Task details: All that should come back is the lines of the data below from the one containing "pub plugin2_event : Event → Plugin → Plugin" to the one containing "mrelay1 = lib.plugin1_event e m.mrelay1;", inclusive, exactly as they stand.

Dataset entries:
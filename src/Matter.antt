-- ===== src/Matter.antt =====
-- disabled/MatterHandler.cpp: the relays as two Matter plugins, which the build leaves out.
pub mod Accessory
use Prim.Native.String.{String}
use byte_waterlevel.Prelude.{ℕ, Bool, if◌then◌else◌}
use byte_waterlevel.Prelude.Int.{ℤ, pos}
use byte_waterlevel.Device.State.{Device}
use byte_waterlevel.Device.Relays.{set_relais}

-- What the listener of a plugin does with the wanted state: its answer, and the effect on the device.
abbrev pub Listener : Type 0 → Type 0
Listener D = Bool → D → Bool × D

-- The Matter library: the plugins `MatterOnOffPlugin` and the stack `Matter`. An `Event` is
-- anything that happens in it between two calls, such as a device that connects or leaves, or a
-- controller that switches a plugin; `plugin1_event`, `plugin2_event` and `stack_event` are what it
-- leaves. What a plugin's listener does to the device meanwhile is no part of that.
pub record MatterLib (D : Type 0) : Type 1 where
  pub Plugin : Type 0
  pub Stack : Type 0
  pub Event : Type 0
  pub plugin1_event : Event → Plugin → Plugin
  pub plugin2_event : Event → Plugin → Plugin
  pub stack_event : Event → Stack → Stack
  pub begin_plugin : Plugin → Plugin
  pub on_change : Listener D → Plugin → Plugin
  pub on_off : Plugin → Bool
  pub update_accessory : Plugin → D → D
  pub begin_stack : Stack → Stack
  pub is_device_connected : Stack → Bool
  pub get_manual_pairing_code : Stack → String

module _ {F : Type 0} (lib : MatterLib (Device F)) where
  open lib use {Plugin, Stack, begin_plugin, on_change, update_accessory, begin_stack}

  pub record Matter : Type 0 where
    pub mrelay1 : Plugin
    pub mrelay2 : Plugin
    pub stack : Stack

  -- What the library does by itself.
  unfoldable pub happen : lib.Event → Matter → Matter
  happen e m = record m {
    mrelay1 = lib.plugin1_event e m.mrelay1;
    mrelay2 = lib.plugin2_event e m.mrelay2;
    stack = lib.stack_event e m.stack;
  }

  -- The listener for a channel. `stray` is the pin of an unset variable.
  pub listener : ℕ → ℤ → Listener (Device F)
  listener stray channel cond d = (cond, set_relais stray channel cond d)

  unfoldable pub begin_plugins : ℕ → Matter → Matter
  begin_plugins stray m = record m {
    mrelay1 = on_change (listener stray (pos 1)) (begin_plugin m.mrelay1);
    mrelay2 = on_change (listener stray (pos 2)) (begin_plugin m.mrelay2);
  }

  unfoldable pub setup : ℕ → Matter → Matter
  setup stray m = let m' = begin_plugins stray m in record m' { stack = begin_stack m'.stack }

  -- With the stack and the plugins as they are at this pass.
  unfoldable pub loop : Matter → Device F → Device F
  loop m d =
      if lib.is_device_connected m.stack
      then update_accessory m.mrelay2 (update_accessory m.mrelay1 d)
      else d

  abbrev get_pairing_code : Matter → String
  get_pairing_code m = lib.get_manual_pairing_code m.stack
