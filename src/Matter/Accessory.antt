-- ===== src/Matter/Accessory.antt =====
-- disabled/MatterHandler.cpp: what a pass of its loop does to the relays.
use byte_waterlevel.Prelude.{
  ℕ, ◌≡◌, refl, ◌∙◌, ap, inl, inr, Bool, true, false, none, Bool-cases, List, [], ◌∷◌,
  if◌then◌else◌,
}
use byte_waterlevel.Prelude.Int.{pos}
use byte_waterlevel.Device.State.{Device}
use byte_waterlevel.Device.Relays.Bank.{Switch, switch, execute, bank, bank-execute, intended}
use byte_waterlevel.Matter.{
  Listener, MatterLib, Matter, happen, listener, begin_plugins, setup, loop,
}

-- The documented behaviour of a plugin: it keeps the listener that it was given, whatever happens in the
-- library, and `updateAccessory` calls it with the state that the plugin has then.
pub record IsPlugin {D : Type 0} (lib : MatterLib D) : Type 1 where
  pub Listens : Listener D → lib.Plugin → Type 0
  pub Listens-on_change : (f : Listener D) (p : lib.Plugin) → Listens f (lib.on_change f p)
  pub Listens-plugin1_event :
      (f : Listener D) (e : lib.Event) (p : lib.Plugin)
      → Listens f p
      → Listens f (lib.plugin1_event e p)
  pub Listens-plugin2_event :
      (f : Listener D) (e : lib.Event) (p : lib.Plugin)
      → Listens f p
      → Listens f (lib.plugin2_event e p)
  pub update_accessory-Listens :
      (f : Listener D) (p : lib.Plugin) (d : D)
      → Listens f p
      → lib.update_accessory p d ≡ (f (lib.on_off p) d).1

abbrev steady : Bool → Switch
steady on = record { output = on; off_at = none }

module _ {F : Type 0} (lib : MatterLib (Device F)) where
  -- Behind several events of the library.
  unfoldable pub happen_all : List lib.Event → Matter lib → Matter lib
  happen_all [] m = m
  happen_all (e ∷ es) m = happen_all es (happen lib e m)

  module _ (laws : IsPlugin lib) where
    -- Both plugins have the listener of their channel.
    record IsListening (stray : ℕ) (m : Matter lib) : Type 0 where
      first : laws.Listens (listener lib stray (pos 1)) m.mrelay1
      second : laws.Listens (listener lib stray (pos 2)) m.mrelay2

    setup-IsListening : (stray : ℕ) (m : Matter lib) → IsListening stray (setup lib stray m)
    unfolding setup begin_plugins
    setup-IsListening stray m = record {
      first = laws.Listens-on_change _ _;
      second = laws.Listens-on_change _ _;
    }

    happen_all-IsListening :
        (es : List lib.Event) (stray : ℕ) (m : Matter lib)
        → IsListening stray m
        → IsListening stray (happen_all es m)
    unfolding happen_all happen
    happen_all-IsListening [] stray m h = h
    happen_all-IsListening (e ∷ es) stray m h =
        happen_all-IsListening es stray (happen lib e m) (record {
          first = laws.Listens-plugin1_event _ e _ h.first;
          second = laws.Listens-plugin2_event _ e _ h.second;
        })

    loop_on :
        (stray : ℕ) (m : Matter lib) (d : Device F)
        → IsListening stray m
        → lib.is_device_connected m.stack ≡ true
        → loop lib m d
          ≡ execute stray
              (switch (pos 2) (lib.on_off m.mrelay2))
              (execute stray (switch (pos 1) (lib.on_off m.mrelay1)) d)
    unfolding loop listener execute
    loop_on stray m d h on = rw on (
        laws.update_accessory-Listens (listener lib stray (pos 2)) m.mrelay2 _ h.second
        ∙ ap (λ e. (listener lib stray (pos 2) (lib.on_off m.mrelay2) e).1)
            (laws.update_accessory-Listens (listener lib stray (pos 1)) m.mrelay1 d h.first))

    loop_off :
        (m : Matter lib) (d : Device F) → lib.is_device_connected m.stack ≡ false → loop lib m d ≡ d
    unfolding loop
    loop_off m d off = rw off refl

    -- At any time behind `setup`, whatever has happened in the library since, a pass of the loop puts
    -- both relays into the state that their plugin has then and forgets both timers, if a device is
    -- connected then: whatever was switched, and whatever timer was started, by other means since the
    -- last pass does not survive it. Without a device connected a pass leaves the relays.
    pub bank-loop :
        (stray : ℕ) (initial : Matter lib) (es : List lib.Event) (d : Device F)
        → let m = happen_all es (setup lib stray initial) in
          bank (loop lib m d) ≡ (
            if lib.is_device_connected m.stack
            then (steady (lib.on_off m.mrelay1), steady (lib.on_off m.mrelay2))
            else bank d)
    unfolding intended
    bank-loop stray initial es d =
        let m = happen_all es (setup lib stray initial) in
        let h =
          happen_all-IsListening es stray (setup lib stray initial)
            (setup-IsListening stray initial) in
        elim (Bool-cases (lib.is_device_connected m.stack)) [
          | inl e ↦
              ap bank (loop_on stray m d h e)
              ∙ bank-execute stray (switch (pos 2) _) _ (inr refl)
              ∙ ap (intended (switch (pos 2) _))
                  (bank-execute stray (switch (pos 1) _) d (inl refl))
              ∙ rw e refl
          | inr e ↦ ap bank (loop_off m d e) ∙ rw e refl
        ]
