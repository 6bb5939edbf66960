-- ===== src/Mqtt/Polls.antt =====
-- src/MQTTHandler.cpp: passes of the loop over time, and how often they do something that is spaced.
use byte_waterlevel.Prelude.{ℕ, ◌+◌, ◌*◌, ◌≤◌, ◌<◌, Bool, List, [], ◌∷◌, arith}
use byte_waterlevel.Prelude.Words.{u32_mod, add32, sub32}
use byte_waterlevel.Json.{JsonLib}
use byte_waterlevel.Device.State.{Device}
use byte_waterlevel.Automation.{Automation}
use byte_waterlevel.Mqtt.{Mqtt, loop}

-- A pass, `wait` milliseconds behind the one before it, with what it meets.
pub record Poll (F : Type 0) : Type 0 where
  pub wait : ℕ
  pub connected : Bool
  pub auto : Automation F
  pub device : Device F

abbrev pub waits : {F : Type 0} → List (Poll F) → ℕ
waits [] = 0
waits (p ∷ ps) = p.wait + waits ps

module _ {F : Type 0} (J : JsonLib F) where
  pub polls : ℕ → J.Json → List (Poll F) → Mqtt F → Mqtt F
  polls now config [] m = m
  polls now config (p ∷ ps) m =
      let t = add32 now p.wait in polls t config ps (loop J t p.connected config p.auto p.device m)

  -- If each pass pays for what it counts by the time since `last`, no run counts more than its time
  -- allows.
  pub polls-rate :
      (config : J.Json) (count last : Mqtt F → ℕ) (interval : ℕ)
      → ((now : ℕ) (p : Poll F) (m : Mqtt F)
          → now < u32_mod
          → last m < u32_mod
          → let t = add32 now p.wait in
            let m' = loop J t p.connected config p.auto p.device m in
            (count m' * interval + sub32 t (last m')
              ≤ count m * interval + sub32 now (last m) + p.wait)
            × (last m' < u32_mod))
      → (now : ℕ) (ps : List (Poll F)) (m : Mqtt F) → now < u32_mod
      → last m < u32_mod
      → count (polls now config ps m) * interval
        ≤ count m * interval + sub32 now (last m) + waits ps
  unfolding polls
  polls-rate config count last interval step now [] m p q = omega arith
  polls-rate config count last interval step now (x ∷ xs) m p q =
      let t = add32 now x.wait in
      let m' = loop J t x.connected config x.auto x.device m in
      let one = step now x m p q in
      let rest = polls-rate config count last interval step t xs m' (omega arith) one.1 in
      omega (arith, one.0, rest)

Response to this task:
  pub plugin2_event : Event → Plugin → Plugin
  pub stack_event : Event → Stack → Stack
  pub begin_plugin : Plugin → Plugin
  pub on_change : Listener D → Plugin → Plugin
  pub on_off : Plugin → Bool
  pub update_accessory : Plugin → D → D
  pub begin_stack : Stack → Stack
  pub is_device_connected : Stack → Bool
  pub get_manual_pairing_code : Stack → String

module _ {F : Type 0} (lib : MatterLib (Device F)) where
  open lib use {Plugin, Stack, begin_plugin, on_change, update_accessory, begin_stack}

  pub record Matter : Type 0 where
    pub mrelay1 : Plugin
    pub mrelay2 : Plugin
    pub stack : Stack

  -- What the library does by itself.
  unfoldable pub happen : lib.Event → Matter → Matter
  happen e m = record m {
    mrelay1 = lib.plugin1_event e m.mrelay1;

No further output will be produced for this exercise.